According to Cohen, renters are willing to pay a higher rent in order to avoid the upfront capital hit on their balance sheets. After all, they’re dealing with the same high interest rates and capital constraints that landlords do. However, this has increased scrutiny of landlords’ finances, as some are unable to finance the deals they have just signed.

“Can they really afford to build what they’ve agreed to,” Cohen went on to say. “Right now, it’s caveat emptor (the Latin phrase for buyer beware).”

Tenants are now asking for — and receiving — information that landlords were once “loath to share,” such as details about the loan that secures a building and their overall financial health, according to Cohen. Tenants are also requesting that their renovation funds be placed in escrow. Lustgarten said he’s seen a number of lawsuits filed by tenants who haven’t received the funds promised by their landlords.

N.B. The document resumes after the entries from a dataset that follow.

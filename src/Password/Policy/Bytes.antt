-- ===== src/Password/Policy/Bytes.antt =====
-- server/password.go longestRun, and the comparisons of package bytes that checkPwquality calls.
use mokey.Base.{
  Bool, List, [], false, if◌then◌else◌, max, nat_eq, suc, true, ℕ, ◌%◌, ◌&&◌, ◌+◌, ◌==◌, ◌||◌, ◌∷◌,
}
use mokey.Lockout.{ℤ, negsuc, pos}

-- `int(int8(b))`, moved up by 128.
abbrev pub signed : ℕ → ℕ
signed b = (b + 128) % 256

-- The byte `b` is the byte `a` plus `step`, as signed chars.
unfoldable pub follows : ℤ → ℕ → ℕ → Bool
follows (pos n) a b = signed b == signed a + n
follows (negsuc n) a b = signed b + suc n == signed a

-- The loop of longestRun after the byte `a`.
unfoldable pub run_loop : ℤ → ℕ → ℕ → ℕ → List ℕ → ℕ
unfolding follows
run_loop step a longest run [] = longest
run_loop step a longest run (b ∷ bs) =
    let run' = if follows step a b then run + 1 else 1 in run_loop step b (max longest run') run' bs

unfoldable pub longest_run : List ℕ → ℤ → ℕ
unfolding run_loop
longest_run [] step = 0
longest_run (b ∷ bs) step = run_loop step b 1 1 bs

-- bytes.Equal
unfoldable pub bytes_equal : List ℕ → List ℕ → Bool
bytes_equal [] [] = true
bytes_equal [] (b ∷ bs) = false
bytes_equal (a ∷ xs) [] = false
bytes_equal (a ∷ xs) (b ∷ bs) = a == b && bytes_equal xs bs

unfoldable pub has_prefix : List ℕ → List ℕ → Bool
has_prefix [] bs = true
has_prefix (a ∷ xs) [] = false
has_prefix (a ∷ xs) (b ∷ bs) = a == b && has_prefix xs bs

-- bytes.Contains
unfoldable pub has_infix : List ℕ → List ℕ → Bool
unfolding has_prefix
has_infix xs [] = has_prefix xs []
has_infix xs (b ∷ bs) = has_prefix xs (b ∷ bs) || has_infix xs bs
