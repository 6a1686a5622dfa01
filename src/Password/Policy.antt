-- ===== src/Password/Policy.antt =====
-- server/password.go: the check of a new password, checkPassword, with the checks that FreeIPA
-- leaves to libpwquality, checkPwquality; and the forms' checks around it. A message is its key.
pub mod Bytes
pub mod Runs
pub mod Classes
pub mod Accepts
mod Tests
use mokey.Base.{
  Bool, List, Option, String, [], count, false, if◌then◌else◌, leb, length, ltb, map, max, min,
  nat_eq, none, not, reverse, some, string_eq, suc, true, ℕ, ◌&&◌, ◌+◌, ◌-◌, ◌==◌, ◌||◌, ◌∷◌,
}
use mokey.Password.Policy.Bytes.{bytes_equal, has_infix, longest_run}
use mokey.Text.{Text, codes, utf8_bytes}
use mokey.Lockout.{PwPolicy, pwquality, ℤ, pos, negsuc, positive}

abbrev pub is_digit : ℕ → Bool
is_digit r = leb 48 r && leb r 57

abbrev pub is_upper : ℕ → Bool
is_upper r = leb 65 r && leb r 90

abbrev pub is_lower : ℕ → Bool
is_lower r = leb 97 r && leb r 122

-- The flags and counters of the loop over the runes.
pub record Scan : Type 0 where
  pub has_digit : Bool
  pub has_upper : Bool
  pub has_lower : Bool
  pub has_special : Bool
  pub has_8bit : Bool
  pub num_repeated : ℕ
  pub max_repeated : ℕ

abbrev pub scan_start : Scan
scan_start = record {
  has_digit = false;
  has_upper = false;
  has_lower = false;
  has_special = false;
  has_8bit = false;
  num_repeated = 0;
  max_repeated = 0;
}

-- The `switch` on the rune's class.
unfoldable pub classify : ℕ → Scan → Scan
classify r st =
    if is_digit r
    then record st { has_digit = true }
    else if is_lower r
    then record st { has_lower = true }
    else if is_upper r
    then record st { has_upper = true }
    else if ltb r 128
    then record st { has_special = true }
    else record st { has_8bit = true }

-- Adjacent equal runes; `prev` is runes[i-1], none at the start.
unfoldable pub repeats : Option ℕ → ℕ → Scan → Scan
repeats none r st = record st { num_repeated = 0 }
repeats (some p) r st =
    let n = if p == r then st.num_repeated + 1 else 0 in
    record st { num_repeated = n; max_repeated = max st.max_repeated n }

unfoldable pub scan : Option ℕ → Scan → Text → Scan
unfolding classify repeats
scan prev st [] = st
scan prev st (r ∷ rs) = scan (some r) (repeats prev r (classify r st)) rs

abbrev pub one_if : Bool → ℕ
one_if b = if b then 1 else 0

-- The classes that are there, less one where a rune stands three times in a row.
unfoldable pub num_categories : Text → ℕ
unfolding scan
num_categories pass =
    let st = scan none scan_start pass in
    let n =
      one_if st.has_digit
      + one_if st.has_upper
      + one_if st.has_lower
      + one_if st.has_special
      + one_if st.has_8bit in
    if ltb 1 st.max_repeated then n - 1 else n

-- The settings `accounts.min_passwd_len` and `accounts.min_passwd_classes`.
pub record PasswordConfig : Type 0 where
  pub min_passwd_len : ℕ
  pub min_passwd_classes : ℕ
  pub check_breached_passwords : Bool

-- The stricter of the configured and the policy's minimum.
unfoldable pub min_length_of : PasswordConfig → Option PwPolicy → ℕ
unfolding pwquality
min_length_of cfg none = cfg.min_passwd_len
min_length_of cfg (some p) =
    if not (pwquality p) && ltb cfg.min_passwd_len p.min_length
    then p.min_length
    else cfg.min_passwd_len

unfoldable pub min_classes_of : PasswordConfig → Option PwPolicy → ℕ
min_classes_of cfg none = cfg.min_passwd_classes
min_classes_of cfg (some p) =
    if ltb cfg.min_passwd_classes p.min_classes then p.min_classes else cfg.min_passwd_classes

abbrev pub lower_byte : ℕ → ℕ
lower_byte b = if is_upper b then b + 32 else b

-- `count < -credit`
abbrev pub too_few : ℕ → ℤ → Bool
too_few n (pos c) = false
too_few n (negsuc c) = ltb n (suc c)

-- What a positive credit adds to the size.
abbrev pub credited : ℕ → ℤ → ℕ
credited n (pos c) = min n c
credited n (negsuc c) = 0

-- strings.ToLower, by Unicode's tables, and passwordBreached: none where the lookup failed.
pub record PasswordRules : Type 0 where
  pub config : PasswordConfig
  pub to_lower : Text → Text
  pub breached : String → Option Bool

abbrev pub is_other : ℕ → Bool
is_other b = not (is_digit b || is_upper b || is_lower b)

-- The length with the credits for the classes that have a positive one.
unfoldable pub credited_size : Text → PwPolicy → ℕ
unfolding utf8_bytes
credited_size pass p =
    let b = utf8_bytes pass in
    length pass
    + credited (count is_digit b) p.digit_credit
    + credited (count is_upper b) p.upper_credit
    + credited (count is_lower b) p.lower_credit
    + credited (count is_other b) p.other_credit

-- Whether the password holds the name, or the name backwards; `user` is the lowered name.
unfoldable pub has_username : PwPolicy → List ℕ → List ℕ → Bool
unfolding has_infix
has_username p mono user =
    p.user_check && leb 4 (length user) && (has_infix user mono || has_infix (reverse user) mono)

-- The longest run of equal bytes, and of rising or falling ones, against the policy's limits; 0 and
-- negative numbers set none.
unfoldable pub over : Option ℕ → ℕ → Bool
over none n = false
over (some limit) n = ltb limit n

-- Tests that each return their message, in order.
abbrev pub first_message : List (Bool × String) → Option String
first_message [] = none
first_message ((test, message) ∷ tests) = if test then some message else first_message tests

module _ (rules : PasswordRules) where
  unfoldable pub quality_tests : Text → String → PwPolicy → List (Bool × String)
  unfolding credited_size has_username bytes_equal longest_run over utf8_bytes
  quality_tests pass username p =
      let b = utf8_bytes pass in
      let mono = map lower_byte b in
      (too_few (count is_digit b) p.digit_credit, "password.too_few_digits")
      ∷ (too_few (count is_upper b) p.upper_credit, "password.too_few_upper")
      ∷ (too_few (count is_lower b) p.lower_credit, "password.too_few_lower")
      ∷ (too_few (count is_other b) p.other_credit, "password.too_few_special")
      ∷ (ltb (credited_size pass p) (max p.min_length 6), "password.min_length")
      ∷ (bytes_equal mono (reverse mono), "password.palindrome")
      ∷ (over (positive p.max_repeat) (longest_run b (pos 0)), "password.too_many_repeats")
      ∷ (
        over (positive p.max_sequence) (max (longest_run b (pos 1)) (longest_run b (negsuc 0))),
        "password.sequence",
      )
      ∷ (
        has_username p mono (utf8_bytes (rules.to_lower (codes username))),
        "password.contains_username",
      )
      ∷ []

  unfoldable pub check_pwquality : Text → String → PwPolicy → Option String
  unfolding quality_tests
  check_pwquality pass username p = first_message (quality_tests pass username p)

  -- libpwquality's checks, where the policy asks for them.
  unfoldable pub check_quality : Text → String → Option PwPolicy → Option String
  unfolding check_pwquality pwquality
  check_quality pass username none = none
  check_quality pass username (some p) =
      if pwquality p then check_pwquality pass username p else none

  unfoldable pub check_password : Text → String → Option PwPolicy → Option String
  unfolding check_quality num_categories min_length_of min_classes_of
  check_password pass username policy =
      if ltb (length pass) (min_length_of rules.config policy)
      then some "password.min_length"
      else if ltb (num_categories pass) (min_classes_of rules.config policy)
      then some "password.policy_not_met"
      else check_quality pass username policy

  -- An unreachable list of breached passwords does not stop a change.
  unfoldable pub breach_message : String → Option String
  breach_message password =
      if not rules.config.check_breached_passwords then none else elim (rules.breached password) [
        | none ↦ none
        | some found ↦ if found then some "password.breached" else none
      ]

  unfoldable pub validate_password : String → String → String → Option PwPolicy → Option String
  unfolding check_password breach_message
  validate_password password password_confirm username policy =
      if password == ""
      then some "password.enter_new"
      else if password_confirm == ""
      then some "password.confirm_new"
      else if not (password == password_confirm)
      then some "Password do not match. Please confirm your password."
      else elim (check_password (codes password) username policy) [
        | some message ↦ some message
        | none ↦ breach_message password
      ]

  unfoldable pub validate_password_change :
      String → String → String → String → Option PwPolicy → Option String
  unfolding validate_password
  validate_password_change password_current password password_confirm username policy =
      if password_current == ""
      then some "password.enter_current"
      else if password_current == password_confirm
      then some "password.same_as_new"
      else validate_password password password_confirm username policy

Rent abatements that have significantly increased can also be provided by well-capitalized landlords. According to Cohen, the pre-pandemic rule of thumb of one free month of rent per year of lease term has completely “lapsed,” with landlords now offering many more months of free rent to entice a tenant to sign. According to Cohen, landlords are spending the same amount on tenant improvements as they did before the pandemic, but for shorter lease terms and lower overall rents. They can afford to do so if they have the capital.

Without this level of capital, office landlords are frequently left with only one lever: renting below market price. While that works for some clients, all of the brokers we spoke with said it hasn’t attracted the best clients. Those customers want to pay the same rent but get more for their money.

Lustgarten described a current client, an American Lawyer 100 law firm seeking a large downtown Los Angeles office. They’re moving because they want to get their employees back to work, and they believe that moving to a nicer office will help them do so.

“We’re looking at buildings that are an upgrade to their current building, and that provide amenities that will get their workforce excited about coming back,” Lustgarten went on to say.